Task input Start Marker

-- ===== src/Lib.antt =====
-- ccpbtree: a B+ tree of (key, data) pairs, and a server of named indexes over it.
--
-- The program. src/btree.h is the class template `nwt::btree`: leaves that hold sorted keys with
-- their data and are linked both ways, inner nodes that hold separating keys and children. bptree.cc
-- implements the interface of server.h: `create`, `openIndex` and `closeIndex` manage a list of
-- indexes behind a mutex, each index with a tree; `get` searches the tree of a handle.
--
-- The files, from the bottom up.
--   Base: shared names, Boolean tests on numbers, integers, and arrays as functions with the shifts
--     that the loops of btree.h do.
--   Store: the memory. `Node`, `LeafNode` and `InnerNode` are `struct node`, `leafNode` and
--     `innerNode`; `Tree` is the fields of `class btree` and the heap behind its pointers; a `Cmd` is
--     a step from a state to a result and the next state, or a fault. Store/Points: what an address
--     holds.
--   KeyOrder: `keyless` and the comparisons made from it.
--   Leaf: `findKeyLoc`, `findKeyEqual`, `find_lowerkey`, `insertleafKeyAt`, `insertleafDataAt`,
--     `insertleafpair`, `deleteleafpair`. Leaf/Scan, Leaf/Keys, Leaf/Sorted, Leaf/Pair: lemmas on
--     the searches, on the arrays of keys, on insertion into a sorted list, and on `insertleafpair`.
--   Inner: `findInnerNodeLoc`, `insertInnerNodeKeyAt`, `insertInnerNodeChildAt`,
--     `insertinnernodepair`, `deleteinnerpair`, `replacekey` and their like.
--   Find: `find`, `exists`, `get`, `printleaves`. Find/Shape says what a search tree in memory is and
--     which pairs it holds; Find/Bounds, Find/Descend and Find/Walk follow `find` down and along the
--     leaves; Find/Lookup draws the conclusions. Find/Route is the way of a descent, Find/Replace,
--     Find/Update and Find/Members what a write of the leaf at its end does to the tree, Find/Target
--     a leaf with room at its end.
--   Insert: `insert` and `makeroot`. Insert/Split is the split of a leaf, with Insert/Split/Rounds on
--     its end, Insert/Split/Parts and Insert/Split/Halves on what it puts where, Insert/Split/Full on
--     the order of the keys. Insert/Parent is `insert_in_parent` with the split of inner nodes,
--     Insert/Parent/NewRoot and Insert/Parent/TwoLeaves the new root over two leaves,
--     Insert/Parent/Steps and Insert/Parent/Last two leaves at the end of a parent with room. The split
--     of a full inner node: Insert/Parent/Kids says what its children and its halves are,
--     Insert/Parent/Put, Insert/Parent/Halving and Insert/Parent/Distribute follow the loop,
--     Insert/Parent/Inner, Insert/Parent/Widening and Insert/Parent/SplitInner the
--     entries behind it.
--     Insert/Root, Insert/Root/Lookup, Insert/Root/Data: a root leaf with room; Insert/Root/Split: a
--     full one, whose split is that of Insert/Halved; Insert/Empty: no root; Insert/Slots,
--     Insert/Target: any tree where the leaf has room. Insert/Row is a root over linked leaves, with
--     Row/Start its first two, Row/Append a pair in the last one, Row/Split, Row/Wider, Row/Held
--     and Row/Widen the split of the last one, Row/Leaves and Row/Keys its leaves and their keys,
--     Row/Print `printleaves` on it. Insert/Ascending, Insert/Grown, Insert/Spread
--     and Insert/Built: sequences of insertions.
--   Delete: `erase` and `delete_pair`. Delete/Balance is `balancetree`, Delete/Removal
--     `deleteInnerNode`. Delete/Root, Delete/Erase, Delete/Pair: a root leaf; Delete/Fits,
--     Delete/Target: any tree where the leaf does not underflow.
--   Iterator: `iterator`, `begin`, `end`. Iterator/Steps: its steps. Iterator/Stale: `begin` after a
--     split.
--   Server: the types of server.h. KeyBytes: `p_setKeyDataFromKey` of bptree.cc, with
--     KeyBytes/Order and KeyBytes/Long. Catalog: `create`, `openIndex`, `closeIndex` of bptree.cc, with
--     Catalog/Links on its searches, Catalog/Calls, Catalog/Order on the trees and the counts of a list, and Catalog/Reach and
--     Catalog/Handles on sequences of calls. A name is a pointer, and each call gets the strings that
--     the pointers lead to at the time (`Strings`), since the code keeps the callers' own strings.
--     Session: the transactions and `get` of bptree.cc, with Session/Lookup. `Trees` is the trees by
--     the names that the links and the handles have for them.
--   Tests: runs at small inputs, and the theorems at concrete inputs.
--
-- The parameters. `Traits` is the template arguments of the tree, with what memory holds before it is
-- written: `key_garbage` for the keys of a new node, `blank` for data. The theorems that need an
-- order ask for a strict total one (`IsTotal`), as the comment of `keyequal` does.
--
-- Memory. An address is a number and 0 is NULL; `new` gives addresses that were never used. A use of a
-- NULL, freed or wild pointer, a cast to the wrong kind, an index outside an array at the accesses
-- that can leave it, a negative child count and a failed assert are faults: a run that meets one has
-- no result. Numbers that are `unsigned short` or `unsigned int` wrap around. The count of opens of an
-- index is an `int` of 32 bits, and a call that takes it out of range is `crashed`, as one that reads a
-- name that is not there.
--
-- Fuel. A descent, a walk along the leaves, a duplicate check and a climb to the parents get one step
-- more than addresses were ever used. For a search the theorems show that this is enough: they state
-- that it ends with a result. The loops of a split get two rounds for each slot and two more; they
-- spend at most one round that does not advance.
--
-- Not modelled. `getNext`, `insertRecord`, `deleteRecord` of bptree.cc and `erasepair` of
-- src/btree.h do not compile. The const iterators are declared and never defined. The head of
-- `reverse_iterator` is missing: its members stand in `btree` itself, cannot be instantiated there, and
-- have no object to act on. Output, statistics, the test and speed programs and stxbtreeint64.cc hold no
-- logic of the tree.
pub mod Base
pub mod Store
pub mod KeyOrder
pub mod Leaf
pub mod Inner
pub mod Find
pub mod Insert
pub mod Delete
pub mod Iterator
pub mod Server
pub mod KeyBytes
pub mod Catalog
pub mod Session
pub mod Tests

Task input End Marker

About this exercise :: All of the records shown above should be reproduced exactly.

Result below ::
-- ===== src/Lib.antt =====
-- ccpbtree: a B+ tree of (key, data) pairs, and a server of named indexes over it.
--
-- The program. src/btree.h is the class template `nwt::btree`: leaves that hold sorted keys with
-- their data and are linked both ways, inner nodes that hold separating keys and children. bptree.cc
-- implements the interface of server.h: `create`, `openIndex` and `closeIndex` manage a list of
-- indexes behind a mutex, each index with a tree; `get` searches the tree of a handle.
--
-- The files, from the bottom up.
--   Base: shared names, Boolean tests on numbers, integers, and arrays as functions with the shifts
--     that the loops of btree.h do.
--   Store: the memory. `Node`, `LeafNode` and `InnerNode` are `struct node`, `leafNode` and
--     `innerNode`; `Tree` is the fields of `class btree` and the heap behind its pointers; a `Cmd` is
--     a step from a state to a result and the next state, or a fault. Store/Points: what an address
--     holds.
--   KeyOrder: `keyless` and the comparisons made from it.
--   Leaf: `findKeyLoc`, `findKeyEqual`, `find_lowerkey`, `insertleafKeyAt`, `insertleafDataAt`,
--     `insertleafpair`, `deleteleafpair`. Leaf/Scan, Leaf/Keys, Leaf/Sorted, Leaf/Pair: lemmas on
--     the searches, on the arrays of keys, on insertion into a sorted list, and on `insertleafpair`.
--   Inner: `findInnerNodeLoc`, `insertInnerNodeKeyAt`, `insertInnerNodeChildAt`,
--     `insertinnernodepair`, `deleteinnerpair`, `replacekey` and their like.
--   Find: `find`, `exists`, `get`, `printleaves`. Find/Shape says what a search tree in memory is and
--     which pairs it holds; Find/Bounds, Find/Descend and Find/Walk follow `find` down and along the
--     leaves; Find/Lookup draws the conclusions. Find/Route is the way of a descent, Find/Replace,
--     Find/Update and Find/Members what a write of the leaf at its end does to the tree, Find/Target
--     a leaf with room at its end.
--   Insert: `insert` and `makeroot`. Insert/Split is the split of a leaf, with Insert/Split/Rounds on
--     its end, Insert/Split/Parts and Insert/Split/Halves on what it puts where, Insert/Split/Full on
--     the order of the keys. Insert/Parent is `insert_in_parent` with the split of inner nodes,
--     Insert/Parent/NewRoot and Insert/Parent/TwoLeaves the new root over two leaves,
--     Insert/Parent/Steps and Insert/Parent/Last two leaves at the end of a parent with room. The split
--     of a full inner node: Insert/Parent/Kids says what its children and its halves are,
--     Insert/Parent/Put, Insert/Parent/Halving and Insert/Parent/Distribute follow the loop,
--     Insert/Parent/Inner, Insert/Parent/Widening and Insert/Parent/SplitInner the
--     entries behind it.
--     Insert/Root, Insert/Root/Lookup, Insert/Root/Data: a root leaf with room; Insert/Root/Split: a
--     full one, whose split is that of Insert/Halved; Insert/Empty: no root; Insert/Slots,
--     Insert/Target: any tree where the leaf has room. Insert/Row is a root over linked leaves, with
--     Row/Start its first two, Row/Append a pair in the last one, Row/Split, Row/Wider, Row/Held
--     and Row/Widen the split of the last one, Row/Leaves and Row/Keys its leaves and their keys,
--     Row/Print `printleaves` on it. Insert/Ascending, Insert/Grown, Insert/Spread
--     and Insert/Built: sequences of insertions.
--   Delete: `erase` and `delete_pair`. Delete/Balance is `balancetree`, Delete/Removal
--     `deleteInnerNode`. Delete/Root, Delete/Erase, Delete/Pair: a root leaf; Delete/Fits,
--     Delete/Target: any tree where the leaf does not underflow.
--   Iterator: `iterator`, `begin`, `end`. Iterator/Steps: its steps. Iterator/Stale: `begin` after a
--     split.
--   Server: the types of server.h. KeyBytes: `p_setKeyDataFromKey` of bptree.cc, with
--     KeyBytes/Order and KeyBytes/Long. Catalog: `create`, `openIndex`, `closeIndex` of bptree.cc, with
--     Catalog/Links on its searches, Catalog/Calls, Catalog/Order on the trees and the counts of a list, and Catalog/Reach and
--     Catalog/Handles on sequences of calls. A name is a pointer, and each call gets the strings that
--     the pointers lead to at the time (`Strings`), since the code keeps the callers' own strings.
--     Session: the transactions and `get` of bptree.cc, with Session/Lookup. `Trees` is the trees by
--     the names that the links and the handles have for them.
--   Tests: runs at small inputs, and the theorems at concrete inputs.
--
-- The parameters. `Traits` is the template arguments of the tree, with what memory holds before it is
-- written: `key_garbage` for the keys of a new node, `blank` for data. The theorems that need an
-- order ask for a strict total one (`IsTotal`), as the comment of `keyequal` does.
--
-- Memory. An address is a number and 0 is NULL; `new` gives addresses that were never used. A use of a
-- NULL, freed or wild pointer, a cast to the wrong kind, an index outside an array at the accesses
-- that can leave it, a negative child count and a failed assert are faults: a run that meets one has
-- no result. Numbers that are `unsigned short` or `unsigned int` wrap around. The count of opens of an
-- index is an `int` of 32 bits, and a call that takes it out of range is `crashed`, as one that reads a
-- name that is not there.
--
-- Fuel. A descent, a walk along the leaves, a duplicate check and a climb to the parents get one step
-- more than addresses were ever used. For a search the theorems show that this is enough: they state
-- that it ends with a result. The loops of a split get two rounds for each slot and two more; they
-- spend at most one round that does not advance.
--
-- Not modelled. `getNext`, `insertRecord`, `deleteRecord` of bptree.cc and `erasepair` of
-- src/btree.h do not compile. The const iterators are declared and never defined. The head of
-- `reverse_iterator` is missing: its members stand in `btree` itself, cannot be instantiated there, and
-- have no object to act on. Output, statistics, the test and speed programs and stxbtreeint64.cc hold no
-- logic of the tree.
pub mod Base
pub mod Store
pub mod KeyOrder
pub mod Leaf
pub mod Inner
pub mod Find
pub mod Insert
pub mod Delete
pub mod Iterator
pub mod Server
pub mod KeyBytes
pub mod Catalog
pub mod Session
pub mod Tests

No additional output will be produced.